#  > > >  >  > Форум >  > > >  >  > Новости >  > > >  >  > Новости сайтов >  > > >  >  >  16 снов царя Пасенади и их разъяснение Буддой

## Бо

Источник

(77 Mahasupina Jataka: The Sixteen Dreams)

1.	Четыре чёрных быка сошлись рыча, поднимая пыль с большим шумом из четырёх главных направлений, каждый в намерении начать битву на королевском дворе. Зрители страстно жаждали увидеть их битву, с ликованием хлопая в ладони. Но быки лишь имитировали битву, они лишь рычали  и рыли копытами землю и в итоге так и разошлись без битвы. Люди были очень разочарованы тем, что не смогли увидеть хорошую битву. 

Дорогой царь, этот сон никак не повлияет на тебя и твоих людей ни при твоей жизни, ни при моей. Это означает перемену погоды и климата из-за безнравственных и несправедливых правителей, которые придут к власти в дни мирового упадка. В нужное время не будет дождя. Фермеры будут смотреть в небо, ожидая дождя для пахоты. Тем временем, тёмные дождевые тучи придут и затянут всё небо. Начнутся гром и молния. Фермеры будут готовы к пахоте, остальные будут заносить вещи в дом, которые выставили на улицу сушиться. Но ожидаемого дождя не будет, потому что тучи уйдут в другом направлении, как быки в твоём сне. Печаль людей, ожидающих дождя, сменится страданием.


2.	Крохотные растения и кусты пробились из земли. Они выросли не более чем на несколько дюймов, зацвели и принесли большие плоды.
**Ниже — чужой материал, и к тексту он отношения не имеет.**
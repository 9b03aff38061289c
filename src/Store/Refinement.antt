-- ===== src/Store/Refinement.antt =====
-- The store of internal/vault/store.go as its clients see it: a function from names to the credential
-- and its flag, or nothing.
use joyvend_secretvault.Shared.{
  ℕ, ◌≡◌, refl, ap, ◌∙◌, Bool, false, Option, none, some, List, [], ◌∷◌, arith, Bool-cases, inl,
  inr, if◌then◌else◌, ok, err, Result,
}
use joyvend_secretvault.Text.{Bytes, bytes_eq, bytes_eq_iff}
use joyvend_secretvault.Maps.{lookup-insert, lookup-erase}
use joyvend_secretvault.Model.{Credential}
use joyvend_secretvault.Validate.{ValidationError, validate_credential, matches_name}
use joyvend_secretvault.Store.{
  Library, Store, Io, save, put, put_valid, delete, enable, stamp, lookup_credential,
  without_credential,
}
use joyvend_secretvault.Store.Audit.{append_audit, clear_audit_before}
use joyvend_secretvault.Store.Lifecycle.{close}
use joyvend_secretvault.Store.Operations.{
  Op, put_op, delete_op, enable_op, append_op, clear_op, close_op, run_op, run_ops,
  save-KeepsMemory,
}
use joyvend_secretvault.Store.Sessions.{IsConsistent, run_op-IsConsistent, run_ops-IsConsistent}
use joyvend_secretvault.Store.Closing.{lookup_credential_memory}

abbrev pub View : Type 0
View = Bytes → Option (Credential × Bool)

abbrev pub view : Store → View
view s name = lookup_credential name s

abbrev flag_of : Option (Credential × Bool) → Bool
flag_of none = false
flag_of (some (c, on)) = on

abbrev set_flag : Bool → Option (Credential × Bool) → Option (Credential × Bool)
set_flag on none = none
set_flag on (some (c, before)) = some (c, on)

abbrev spec_put : Bytes → Result ValidationError Credential → View → View
spec_put n (err e) v name = v name
spec_put n (ok c) v name = if bytes_eq n name then some (c, flag_of (v n)) else v name

module _ (lib : Library) where
  abbrev stamped : ℕ → Result ValidationError Credential → Result ValidationError Credential
  stamped now (err e) = err e
  stamped now (ok c) = ok (stamp lib now c)

  -- What an operation does to the view, whether or not its save succeeds.
  abbrev pub spec_op : Op → View → View
  spec_op (put_op io now n c) v name =
      if matches_name n
      then spec_put n (stamped now (validate_credential lib.parsers c)) v name
      else v name
  spec_op (delete_op io n) v name = if bytes_eq n name then none else v name
  spec_op (enable_op n on) v name = if bytes_eq n name then set_flag on (v name) else v name
  spec_op _ v name = v name

  abbrev pub spec_ops : List Op → View → View
  spec_ops [] v = v
  spec_ops (op ∷ ops) v = spec_ops ops (spec_op op v)

  view-save : (io : Io) (s : Store) (name : Bytes) → view (save lib io s).0 name ≡ view s name
  view-save io s name =
      let kept = save-KeepsMemory lib io s in
      lookup_credential_memory s (save lib io s).0 name kept.same_doc kept.same_enabled

  view-put_valid :
      (io : Io) (now : ℕ) (n : Bytes) (r : Result ValidationError Credential) (s : Store)
      (name : Bytes)
      → IsConsistent s
      → view (put_valid lib io now n r s).0 name ≡ spec_put n (stamped now r) (view s) name
  unfolding put_valid
  view-put_valid io now n (err e) s name h = refl
  view-put_valid io now n (ok c) s name h =
      unfold lookup_credential in
      view-save io _ name
      ∙ ground (
        arith,
        lookup-insert n name (stamp lib now c) s.doc.credentials,
        bytes_eq_iff n name,
        h n,
      )

  view-delete :
      (io : Io) (n : Bytes) (s : Store) (name : Bytes)
      → view (delete lib io n s).0 name ≡ (if bytes_eq n name then none else view s name)
  unfolding delete lookup_credential
  view-delete io n s name = ground (
    arith,
    view-save io (without_credential n s) name,
    lookup-erase n name s.doc.credentials,
    lookup-erase n name s.enabled,
    bytes_eq_iff n name,
  )

  view-enable :
      (n : Bytes) (on : Bool) (s : Store) (name : Bytes)
      → view (enable n on s).0 name ≡ spec_op (enable_op n on) (view s) name
  unfolding enable lookup_credential
  view-enable n on s name = ground (arith, lookup-insert n name on s.enabled, bytes_eq_iff n name)

  view-run_op :
      (op : Op) (s : Store) (name : Bytes)
      → IsConsistent s
      → view (run_op lib op s).0 name ≡ spec_op op (view s) name
  unfolding run_op lookup_credential
  view-run_op (put_op io now n c) s name h =
      unfold put in
      elim (Bool-cases (matches_name n)) [
        | inl t ↦ rw t (view-put_valid io now n (validate_credential lib.parsers c) s name h)
        | inr f ↦ rw f refl
      ]
  view-run_op (delete_op io n) s name h = view-delete io n s name
  view-run_op (enable_op n on) s name h = view-enable n on s name
  view-run_op (append_op io e) s name h = unfold append_audit in view-save io _ name
  view-run_op (clear_op io cutoff) s name h = unfold clear_audit_before in view-save io _ name
  view-run_op (close_op io) s name h = unfold close in ground (arith, view-save io s name)

  view_from :
      (ops : List Op) (s : Store)
      → IsConsistent s
      → view (run_ops lib ops s) ≡ spec_ops ops (view s)
  unfolding run_ops
  view_from [] s h = refl
  view_from (op ∷ ops) s h =
      view_from ops (run_op lib op s).0 (run_op-IsConsistent lib op s h)
      ∙ ap (spec_ops ops) (λ i name. view-run_op op s name h i)

  -- Every sequence of operations on a store whose enabled credentials exist does to the credentials
  -- and flags, as the names find them, exactly what it does to a function from names: a valid `put`
  -- sets the credential and keeps the flag, `delete` removes both, `enable` sets the flag of what is
  -- there, and the others change nothing, whatever the saves report. And it leaves a store whose
  -- enabled credentials exist.
  pub view-run_ops :
      (ops : List Op) (s : Store)
      → IsConsistent s
      → (view (run_ops lib ops s) ≡ spec_ops ops (view s)) × IsConsistent (run_ops lib ops s)
  view-run_ops ops s h = (view_from ops s h, run_ops-IsConsistent lib ops s h)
Дорогой царь, в далеком будущем, когда наступит конец мира, рожденные люди будут похотливыми и будут иметь короткую продолжительность жизни. Они будут создавать семейные пары очень рано. Дети будут беременеть и рожать детей. 

3. Коровы сосут молоко у своих собственных новорожденных телят.

Дорогой царь, этот сон говорит, что молодые люди в будущем не будут заботиться о своих пожилых родителях. Родителям придется работать для своих детей в качестве слуг и поддерживать их существование.

4.	Несколько мужчин заменили сильных взрослых быков, которые тянули первые телеги в караване слабыми молодыми телятами. Поскольку молодые телята были слишком слабы, чтобы тянуть ношу, они отказались тянуть телеги. Поэтому караван остановился.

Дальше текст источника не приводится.